In Central London and Inner London, the car is a failure. Not only is a major source of pollution, and still a significant cause of death and injury, it’s a hopelessly inefficient use of road-space – only taxis are worse. And taxis themselves risk becoming obsolete relics. They’ve been overtaken by new app-based minicab services such as Uber. Protectionist cries go up from taxi ranks to force minicabs to bear the disadvantages and barriers to entry that taxis face: to forsake the convenience of a car summoned on demand, the archaic pre-satnav encumbrance of The Knowledge, forcing drivers to learn fixed routes across London, to be tested in an oral exam. But the answer cannot be to drag Uber back to the 20th Century, but rather to bring taxis into the 21st Century, with predictable pricing, universal satnav, and ending The Knowledge.
London’s road-space is, and will remain, tightly restricted. So to accommodate smoother movement of people, we have to use the space much more efficiently. And the ranking of efficiency of space use is well-established, with pedestrian movement out-performing everything else, trams and cycles both perform well, and buses are efficient space users as long as they are popular. So, to increase the capacity of London’s roads, means enabling people to shift up that ranking – making Central and Inner London friendlier for walking, making all of London friendlier for cycling, and building new tram networks to fill in around the tube and train networks.

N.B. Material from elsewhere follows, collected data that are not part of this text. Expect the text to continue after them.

-- ===== src/Examples/Coordination.antt =====
-- The four kinds of reservations at concrete inputs, alone and together.
use pod_backend.Common.{
  ◌≡◌, ◌≤◌, ◌<◌, refl, true, none, some, ok, [], ◌∷◌, List, ℤ, pos, ℕ, Text, int_eq, arith,
}
use pod_backend.Common.Dict.{lookup}
use pod_backend.CancelReservation
use pod_backend.CancelReservation.Safety
use pod_backend.Exclusion.{Pair, Moment, Exclusive, on_join, on_stop, turn}
use pod_backend.Exclusion.Sequential.{Plays, begins, turns, fresh_pair, Plays-Exclusive}
use pod_backend.ExpiredClaim
use pod_backend.ExpiredClaim.Safety as ClaimSafety
use pod_backend.Ledger.{World, Ledger, active_count, new_reservation}
use pod_backend.Ledger.Limit.{Safe, held}
use pod_backend.Reservation
use pod_backend.Reservation.History
use pod_backend.Reservation.StaleIndex.{reserve_overcounts}
use pod_backend.RevealReservation
use pod_backend.RevealReservation.Batch.{AllOrNothing, reserve_batch-AllOrNothing}
use pod_backend.RevealReservation.Safety as RevealSafety
use pod_backend.Wallet.{normalize_reservation_wallet}
use pod_backend.Examples.Fixtures.{
  plain, alice, bob, carol, game_of, waiting_games, at, one_each, joining, bob_holds,
}
use pod_backend.Examples.Joining.{taken, taken-Safe}

-- Alice tries to cancel game 7 while Bob holds it.
abbrev moment : ℕ → Moment
moment now = record { now = now; get_by_id = waiting_games }

abbrev both : Pair
both = fresh_pair true one_each one_each

abbrev bob_first : Pair
bob_first = turn plain (moment 10) both (on_join (History.reserves (pos 7) bob))

abbrev then_alice : Pair
then_alice = turn plain (moment 20) bob_first (on_stop (Safety.reserves (pos 7) alice))

then_alice-Plays : Plays plain both 20 then_alice
then_alice-Plays =
    turns (moment 20) (on_stop (Safety.reserves (pos 7) alice))
      (turns (moment 10) (on_join (History.reserves (pos 7) bob)) (begins 10) (omega arith))
      (omega arith)

Plays-Exclusive_example :
    Exclusive 20 then_alice
    × ((key : Text) → held plain 20 then_alice.join key ≤ then_alice.join.max_per_wallet)
    × ((key : Text) → held plain 20 then_alice.stop key ≤ then_alice.stop.max_per_wallet)
Plays-Exclusive_example = Plays-Exclusive plain true one_each one_each then_alice-Plays

-- Carol takes game 7 after Bob's reservation has run out.
abbrev later : ℕ
later = 60000000011

carol_reserves :
    (Reservation.reserve plain (at later) taken (pos 7) carol).1
    ≡ ok (new_reservation plain later taken.timeout (pos 7) carol)
unfolding joining
carol_reserves = refl

bob_there : lookup (pos 7) taken.reservations ≡ some bob_holds
unfolding joining
bob_there = refl

reserve_overcounts_example :
    held plain later
      (Reservation.reserve plain (at later) taken (pos 7) carol).0
      (normalize_reservation_wallet plain bob)
    < active_count later
        (Reservation.reserve plain (at later) taken (pos 7) carol).0
        (normalize_reservation_wallet plain bob)
unfolding joining
reserve_overcounts_example =
    reserve_overcounts plain (at later) taken (pos 7) carol bob_holds
      (new_reservation plain later taken.timeout (pos 7) carol) taken-Safe.inv bob_there refl
      (λ e. cc) carol_reserves

-- Alice reveals two games at once.
abbrev revealing : World
revealing = record {
  now = 10;
  get_by_id = λ g. ok (some (game_of g (pos 2)));
  repo_set = true;
  peer = none;
}

abbrev two_games : List ℤ
two_games = pos 7 ∷ pos 8 ∷ []

abbrev no_reveals : Ledger
no_reveals =
    RevealReservation.new_reveal_reservation_use_case true
      (record one_each { config_max_per_wallet = pos 2 })

reserve_batch-AllOrNothing_example :
    AllOrNothing plain revealing no_reveals two_games alice
      (pos 8)
      (RevealReservation.reserve_batch plain revealing no_reveals two_games alice)
reserve_batch-AllOrNothing_example =
    reserve_batch-AllOrNothing plain revealing no_reveals two_games alice (pos 8)

reveals-Safe_example :
    Safe plain 10
      (RevealSafety.step plain revealing no_reveals (RevealSafety.reserves_all two_games alice))
reveals-Safe_example =
    RevealSafety.Reaches-Safe plain true (record one_each { config_max_per_wallet = pos 2 })
      (RevealSafety.calls revealing (RevealSafety.reserves_all two_games alice)
        (RevealSafety.begins 10) (omega arith))

-- Alice claims the follow-up of game 7, which has ended.
abbrev ended : World
ended = record revealing { get_by_id = λ g. ok (some (game_of g (pos 3))) }

abbrev no_claims : Ledger
no_claims = ExpiredClaim.new_expired_claim_use_case true one_each

claims_reached-Safe_example :
    Safe plain 10 (ClaimSafety.step plain ended no_claims (ClaimSafety.claims (pos 7) alice))
claims_reached-Safe_example = ClaimSafety.claims_reached-Safe plain true one_each (
    ClaimSafety.calls ended (ClaimSafety.claims (pos 7) alice) (ClaimSafety.begins 10)
      (omega arith))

Tough measures are needed to improve London’s air quality, and to keep the roads flowing. And that means fewer cars on the road, and much fewer vehicles powered by engines that burn fuel. Road-space is scarce, demand is high, one additional vehicle on road at rush hour causes additional delays for many other people; and all this requires a higher congestion charge, and it requires the congestion-charge area to be expanded. Additionally, good air quality is a precious public good. Bad air quality hurts productivity, it hurts health, it makes London less welcoming for tourists and businesses, and it costs the country money because of the extra burden on the health system: so the new Ultra Low Emission Zone will need to be larger too, and charges will need to be sufficient to bring London’s air quality within legal limits – limits it currently breaches again and again, to the detriment of us all.
Is there any future for the car? Well, yes, but it’s not going to much like the past. Electric cars will continue their rise – and it’s up to the Mayor as to whether they facilitate or hinder that. Car usership will continue, but car ownership could transform completely: together with Transport for London, we’re looking at London’s successful travelcard and oystercard – easy ways to use trams, trains, buses, river travel and the Tube across London – and developing ways to extend it to cycle hire, car hire, and taxi / minicab use too – selling [mobility as a service].
And about twelve years ago, Transport for London commissioned the visionary architect Jan Gehl to come up with proposals to improve city life here: the proposals proved too hot to handle at the time, as they included the pedestrianisation of Regent Street and Oxford Street. The time will come when we’ve finally done that, and everyone will wonder why it took so long.
It will be up to the new Mayor to champion the revitalisation of the transport system that Greater London so badly needs, if the city is to continue to thrive.